• [Activity]: Report every line below that holds the word "MiddlewareEvent".

────────

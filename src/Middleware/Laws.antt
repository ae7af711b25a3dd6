-- ===== src/Middleware/Laws.antt =====
-- What a chain of `funera_core/src/middleware.rs` lets through, and who blocks.
use funera.Prelude.{[], ◌∷◌, ◌≡◌, ◌++◌, refl, arith, List, Bool, ◌∙◌, sym, ap, String}
use funera.Events.{Result, ok, err}
use funera.Middleware.{
  MutatorMiddleware, MutatorAction, pass, modify, block, MiddlewareLayer, inspector, mutator,
  MiddlewareBlocked, MiddlewareChain, InspectorError, run_mutators, process_layers, process,
}

module _ {Evt : Type 0} where
  -- every mutator of the chain, in the order of registration, whatever the layers
  abbrev pub all_mutators : List (MiddlewareLayer Evt) → List (MutatorMiddleware Evt)
  all_mutators [] = []
  all_mutators (inspector is ∷ layers) = all_mutators layers
  all_mutators (mutator ms ∷ layers) = ms ++ all_mutators layers

  abbrev and_then :
      Result Evt MiddlewareBlocked
      → (Evt → Result Evt MiddlewareBlocked)
      → Result Evt MiddlewareBlocked
  and_then (ok e) k = k e
  and_then (err b) k = err b

  run_mutators-append :
      (ms ns : List (MutatorMiddleware Evt)) (e : Evt)
      → run_mutators (ms ++ ns) e ≡ and_then (run_mutators ms e) (run_mutators ns)
  unfolding run_mutators
  run_mutators-append [] ns e = refl
  run_mutators-append (m ∷ ms) ns e = by_action (m.process e) (run_mutators-append ms ns)
    where
      by_action :
          (a : MutatorAction Evt)
          → ((x : Evt) → run_mutators (ms ++ ns) x ≡ and_then (run_mutators ms x) (run_mutators ns))
          → (elim a [
            | pass ↦ run_mutators (ms ++ ns) e
            | modify x ↦ run_mutators (ms ++ ns) x
            | block reason ↦ err (record { middleware_name = m.name; reason = reason })
          ])
            ≡ and_then
                (elim a [
                  | pass ↦ run_mutators ms e
                  | modify x ↦ run_mutators ms x
                  | block reason ↦ err (record { middleware_name = m.name; reason = reason })
                ])
                (run_mutators ns)
      by_action pass ih = ih e
      by_action (modify x) ih = ih x
      by_action (block reason) ih = refl

  process_layers-run_mutators :
      (tx : Bool) (layers : List (MiddlewareLayer Evt)) (e : Evt)
      → (process_layers tx layers e).0 ≡ run_mutators (all_mutators layers) e
  unfolding process_layers
  process_layers-run_mutators tx [] e = refl
  process_layers-run_mutators tx (inspector is ∷ layers) e = process_layers-run_mutators tx layers e
  process_layers-run_mutators tx (mutator ms ∷ layers) e =
      by_result (run_mutators ms e) (process_layers-run_mutators tx layers)
      ∙ sym (run_mutators-append ms (all_mutators layers) e)
    where
      by_result :
          (r : Result Evt MiddlewareBlocked)
          → ((x : Evt) → (process_layers tx layers x).0 ≡ run_mutators (all_mutators layers) x)
          → (let next : Result Evt MiddlewareBlocked × List InspectorError = elim r [
            | ok x ↦ process_layers tx layers x
            | err b ↦ (err b, [])
          ] in
              next.0)
            ≡ and_then r (run_mutators (all_mutators layers))
      by_result (ok x) ih = ih x
      by_result (err b) ih = refl

  -- A chain's verdict is that of all its mutators run in the order of registration: it depends on
  -- no inspector, on no grouping into layers, and not on the error channel.
  pub process-run_mutators :
      (c : MiddlewareChain Evt) (e : Evt) → (process c e).0 ≡ run_mutators (all_mutators c.layers) e
  unfolding process
  process-run_mutators c e = process_layers-run_mutators c.error_tx c.layers e

  -- who blocked: what the mutators before it have made of the event
  pub record IsBlocker (ms : List (MutatorMiddleware Evt)) (e : Evt) (b : MiddlewareBlocked)
      : Type 0 where
    pub earlier : List (MutatorMiddleware Evt)
    pub middleware : MutatorMiddleware Evt
    pub later : List (MutatorMiddleware Evt)
    pub split : ms ≡ earlier ++ middleware ∷ later
    pub seen : Evt
    pub passed : run_mutators earlier e ≡ ok seen
    pub action : middleware.process seen ≡ block b.reason
    pub named : middleware.name ≡ b.middleware_name

  run_mutators-pass :
      (m : MutatorMiddleware Evt) (ms : List (MutatorMiddleware Evt)) (e : Evt)
      → m.process e ≡ pass
      → run_mutators (m ∷ ms) e ≡ run_mutators ms e
  unfolding run_mutators
  run_mutators-pass m ms e h = rw h refl

  run_mutators-modify :
      (m : MutatorMiddleware Evt) (ms : List (MutatorMiddleware Evt)) (e x : Evt)
      → m.process e ≡ modify x
      → run_mutators (m ∷ ms) e ≡ run_mutators ms x
  unfolding run_mutators
  run_mutators-modify m ms e x h = rw h refl

  run_mutators-block :
      (m : MutatorMiddleware Evt) (ms : List (MutatorMiddleware Evt)) (e : Evt) (reason : String)
      → m.process e ≡ block reason
      → run_mutators (m ∷ ms) e ≡ err (record { middleware_name = m.name; reason = reason })
  unfolding run_mutators
  run_mutators-block m ms e reason h = rw h refl

  IsBlocker-cons :
      (m : MutatorMiddleware Evt) (ms : List (MutatorMiddleware Evt)) (e x : Evt)
      (b : MiddlewareBlocked)
      → ((ns : List (MutatorMiddleware Evt)) → run_mutators (m ∷ ns) e ≡ run_mutators ns x)
      → IsBlocker ms x b
      → IsBlocker (m ∷ ms) e b
  IsBlocker-cons m ms e x b h f = record {
    earlier = m ∷ f.earlier;
    middleware = f.middleware;
    later = f.later;
    split = ap (λ l. m ∷ l) f.split;
    seen = f.seen;
    passed = h f.earlier ∙ f.passed;
    action = f.action;
    named = f.named;
  }

  run_mutators-nil : (e : Evt) → run_mutators [] e ≡ ok e
  unfolding run_mutators
  run_mutators-nil e = refl

  run_mutators-IsBlocker :
      (ms : List (MutatorMiddleware Evt)) (e : Evt) (b : MiddlewareBlocked)
      → run_mutators ms e ≡ err b
      → IsBlocker ms e b
  run_mutators-IsBlocker [] e b h = absurd (ok-ne-err (sym (run_mutators-nil e) ∙ h))
    where
      ok-ne-err : ok e ≡ err b → ⊥
      ok-ne-err h = cc
  run_mutators-IsBlocker (m ∷ ms) e b h =
      by_action (m.process e) refl (λ x k. run_mutators-IsBlocker ms x b k)
    where
      by_action :
          (a : MutatorAction Evt)
          → m.process e ≡ a
          → ((x : Evt) → run_mutators ms x ≡ err b → IsBlocker ms x b)
          → IsBlocker (m ∷ ms) e b
      by_action pass p ih =
          IsBlocker-cons m ms e e b (λ ns. run_mutators-pass m ns e p)
            (ih e (sym (run_mutators-pass m ms e p) ∙ h))
      by_action (modify x) p ih =
          IsBlocker-cons m ms e x b (λ ns. run_mutators-modify m ns e x p)
            (ih x (sym (run_mutators-modify m ms e x p) ∙ h))
      by_action (block reason) p ih =
          let k = sym (run_mutators-block m ms e reason p) ∙ h in
          record {
            earlier = [];
            middleware = m;
            later = ms;
            split = refl;
            seen = e;
            passed = run_mutators-nil e;
            action = p ∙ ap block (ground (arith, k));
            named = ground (arith, k);
          }

  -- A blocked event names a mutator of the chain that did block, for the reason that is reported,
  -- what the mutators before it, in the order of registration, had made of the event.
  pub process-IsBlocker :
      (c : MiddlewareChain Evt) (e : Evt) (b : MiddlewareBlocked)
      → (process c e).0 ≡ err b
      → IsBlocker (all_mutators c.layers) e b
  process-IsBlocker c e b h =
      run_mutators-IsBlocker (all_mutators c.layers) e b (sym (process-run_mutators c e) ∙ h)
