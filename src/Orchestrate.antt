-- ===== src/Orchestrate.antt =====
-- The builder API's crate (funera-orchestrate/src/).
pub mod Event
pub mod Turns
pub mod Ids
pub mod Dispatcher
pub mod Response
pub mod Agent
pub mod Builder
pub mod Runtime
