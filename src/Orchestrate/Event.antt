-- ===== src/Orchestrate/Event.antt =====
-- `AgentEvent` of funera-orchestrate/src/event.rs, the events that the ReAct loop is run with.
use funera.Prelude.{none, some, Option, ℕ, String, push_str}
use funera.Events.{TokenUsage, Result, ok, err}
use funera.Chat.Message.{Role, assistant, tool, MsgVariant, tool_request, tool_response}
use funera.ReAct.Loop.{MiddlewareEvent}

pub data AgentEvent (Json : Type 0) : Type 0 where
  text : String → AgentEvent Json
  reasoning : String → AgentEvent Json
  tool_call_request : ℕ → String → String → Json → AgentEvent Json
  tool_call_result : String → String → Result String String → AgentEvent Json
  turn_start : AgentEvent Json
  turn_end : Option String → Option TokenUsage → AgentEvent Json
  error : String → AgentEvent Json
  tool_approval_required : String → String → String → AgentEvent Json
  cancelled : AgentEvent Json
  done : AgentEvent Json

-- `result.unwrap_or_else(|e| format!("tool call failed: {e}"))`
abbrev pub result_text : Result String String → String
result_text (ok s) = s
result_text (err e) = push_str "tool call failed: " e

module _ {Json : Type 0} where
  abbrev pub into_session_message : AgentEvent Json → Option (Role × MsgVariant Json)
  into_session_message (text t) =
      some (assistant, MsgVariant.text (record { text = t; reasoning_content = none }))
  into_session_message (tool_call_request index call_id name args) = some (
    assistant,
    tool_request (record {
      tool_call_id = call_id;
      function_name = name;
      function_args = args;
      reasoning_content = none;
    }),
  )
  into_session_message (tool_call_result call_id name result) =
      some (tool, tool_response (record { tool_call_id = call_id; result = result_text result }))
  into_session_message _ = none

-- `impl MiddlewareEvent for AgentEvent`
abbrev pub agent_events : {Json : Type 0} → MiddlewareEvent Json (AgentEvent Json)
agent_events = record {
  assistant_text = λ content reasoning. text content;
  tool_call_request = λ call_id name args. tool_call_request 0 call_id name args;
  tool_response = λ call_id name result. tool_call_result call_id name result;
  turn_start = turn_start;
  turn_end = λ finish_reason usage. turn_end finish_reason usage;
  done = done;
  cancelled = cancelled;
  into_session_message = into_session_message;
}
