-- ===== src/Orchestrate/Dispatcher.antt =====
-- funera-orchestrate/src/dispatcher.rs: the registry of callbacks, and the listener that forwards the
-- events of the environment and the approvals that a turn asks for. A receiver of tokio's broadcast
-- channel is the list of what its `recv` gives; behind the end of the list it waits.
use funera.Prelude.{[], ◌∷◌, ◌++◌, ℕ, List, length, none, some, Option, Bool, is_empty}
use funera.Events.{ReactEvent}
use funera.Env.Actor.{EnvStateEvent, session_closed, per_turn_bus_ready}
use funera.Orchestrate.Event.{AgentEvent, done}
pub mod Laws

-- `Ok`, `RecvError::Lagged` and `RecvError::Closed`
pub data Received {ℓ} (E : Type ℓ) : Type ℓ where
  event : E → Received E
  lagged : Received E
  closed : Received E

-- a callback is what it does to a state of the world
abbrev pub CallbackRegistry : Type 0 → Type 0 → Type 0
CallbackRegistry Json World = List (AgentEvent Json → World → World)

module _ {Json World : Type 0} where
  abbrev pub add :
      (AgentEvent Json → World → World) → CallbackRegistry Json World → CallbackRegistry Json World
  add f callbacks = callbacks ++ f ∷ []

  unfoldable pub dispatch : CallbackRegistry Json World → AgentEvent Json → World → World
  dispatch [] e world = world
  dispatch (f ∷ callbacks) e world = dispatch callbacks e (f e world)

  abbrev pub combine :
      CallbackRegistry Json World → CallbackRegistry Json World → CallbackRegistry Json World
  combine callbacks other = callbacks ++ other

-- what the listener sends: on the raw channel, on the event channel itself, and on the event channel
-- from each of the tasks that it starts, one for every turn
pub record Dispatched (Json : Type 0) : Type 0 where
  pub raw : List EnvStateEvent
  pub own : List (AgentEvent Json)
  pub spawned : List (List (AgentEvent Json))

module _ {Json : Type 0} where
  abbrev pub approval : ReactEvent Json → List (AgentEvent Json)
  approval (ReactEvent.tool_approval_required call_id tool_name paths reason) =
      AgentEvent.tool_approval_required call_id tool_name reason ∷ []
  approval _ = []

  -- the task of one turn: `while let Ok(event)`
  unfoldable pub forward_approvals : List (Received (ReactEvent Json)) → List (AgentEvent Json)
  forward_approvals [] = []
  forward_approvals (event e ∷ rest) = approval e ++ forward_approvals rest
  forward_approvals (lagged ∷ rest) = []
  forward_approvals (closed ∷ rest) = []

  abbrev pub nothing_sent : Dispatched Json
  nothing_sent = record { raw = []; own = []; spawned = [] }

  -- `react_rx` gives what a turn's subscription to its react bus receives
  module _ (react_rx : ℕ → List (Received (ReactEvent Json))) where
    abbrev pub on_env_event : EnvStateEvent → Dispatched Json → Dispatched Json
    on_env_event session_closed rest = record {
      raw = session_closed ∷ [];
      own = done ∷ [];
      spawned = [];
    }
    on_env_event (per_turn_bus_ready n) rest = record rest {
      raw = per_turn_bus_ready n ∷ rest.raw;
      spawned = forward_approvals (react_rx n) ∷ rest.spawned;
    }
    on_env_event other rest = record rest { raw = other ∷ rest.raw }

    unfoldable pub listen_env_state : List (Received EnvStateEvent) → Dispatched Json
    listen_env_state [] = nothing_sent
    listen_env_state (event e ∷ rest) = on_env_event e (listen_env_state rest)
    listen_env_state (lagged ∷ rest) = listen_env_state rest
    listen_env_state (closed ∷ rest) = nothing_sent
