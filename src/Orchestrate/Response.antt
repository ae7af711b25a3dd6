-- ===== src/Orchestrate/Response.antt =====
-- funera-orchestrate/src/response.rs, and `aggregate_from_broadcast` of funera-orchestrate/src/send_handle.rs:
-- what the caller of an agent gets, gathered from the events of a call.
use funera.Prelude.{[], ◌∷◌, ◌++◌, ◌+◌, none, some, if◌then◌else◌, List, Option, ℕ, String, str_eq}
use mathlib.Core.Option
use funera.Events.{TokenUsage, Result}
use funera.Orchestrate.Event.{
  AgentEvent, text, tool_call_request, tool_call_result, turn_start, turn_end, done,
}
use funera.Orchestrate.Dispatcher.{Received, event, lagged, closed}
pub mod Laws
pub mod Calls
pub mod Answered
pub mod Summary
pub mod Events
pub mod Turns

pub record ToolCallInfo (Json : Type 0) : Type 0 where
  pub name : String
  pub args : Json
  pub result : Result String String

pub record ChatResponse (Json : Type 0) : Type 0 where
  pub content : String
  pub tool_calls : List (ToolCallInfo Json)
  pub iterations : ℕ
  pub finish_reason : Option String
  pub usage : Option TokenUsage

-- the id, the name and the arguments of a call that has no result yet
abbrev pub Pending : Type 0 → Type 0
Pending Json = String × String × Json

-- the variables of the loop
pub record Gathered (Json : Type 0) : Type 0 where
  pub response : ChatResponse Json
  pub pending : List (Pending Json)

module _ {Json : Type 0} where
  abbrev pub nothing_gathered : Gathered Json
  nothing_gathered = record {
    response = record {
      content = "";
      tool_calls = [];
      iterations = 0;
      finish_reason = none;
      usage = none;
    };
    pending = [];
  }

  abbrev pub keep :
      Pending Json → Pending Json × List (Pending Json) → Pending Json × List (Pending Json)
  keep p (found, rest) = (found, p ∷ rest)

  -- `pending.iter().position(…)`, and `pending.remove(pos)`
  unfoldable pub take_pending :
      String → List (Pending Json) → Option (Pending Json × List (Pending Json))
  take_pending id [] = none
  take_pending id (p ∷ pending) =
      if str_eq p.0 id then some (p, pending) else Option.map (keep p) (take_pending id pending)

  abbrev pub answer :
      Result String String
      → Option (Pending Json × List (Pending Json))
      → Gathered Json
      → Gathered Json
  answer result none g = g
  answer result (some ((id, name, args), rest)) g = record {
    response = record (g.response) {
      tool_calls =
          g.response.tool_calls ++ record { name = name; args = args; result = result } ∷ [];
    };
    pending = rest;
  }

  -- the arms of the `match`, less the two that end the loop
  unfoldable pub gather_event : AgentEvent Json → Gathered Json → Gathered Json
  gather_event (text t) g = record g { response = record (g.response) { content = t } }
  gather_event (tool_call_request index call_id name args) g = record g {
    pending = g.pending ++ (call_id, name, args) ∷ [];
  }
  gather_event (tool_call_result call_id name result) g =
      answer result (take_pending call_id g.pending) g
  gather_event turn_start g = record g {
    response = record (g.response) { iterations = g.response.iterations + 1 };
  }
  gather_event (turn_end finish_reason usage) g = record g {
    response = record (g.response) { finish_reason = finish_reason; usage = usage };
  }
  gather_event _ g = g

  -- The loop; there is no response while the receiver waits.
  unfoldable pub aggregate_from :
      List (Received (AgentEvent Json)) → Gathered Json → Option (ChatResponse Json)
  aggregate_from [] g = none
  aggregate_from (event done ∷ rest) g = some g.response
  aggregate_from (event e ∷ rest) g = aggregate_from rest (gather_event e g)
  aggregate_from (lagged ∷ rest) g = aggregate_from rest g
  aggregate_from (closed ∷ rest) g = some g.response

  unfoldable pub aggregate_from_broadcast :
      List (Received (AgentEvent Json)) → Option (ChatResponse Json)
  unfolding aggregate_from
  aggregate_from_broadcast event_rx = aggregate_from event_rx nothing_gathered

────────

• [Answer to the exercise]:
use funera.ReAct.Loop.{MiddlewareEvent}
-- `impl MiddlewareEvent for AgentEvent`
abbrev pub agent_events : {Json : Type 0} → MiddlewareEvent Json (AgentEvent Json)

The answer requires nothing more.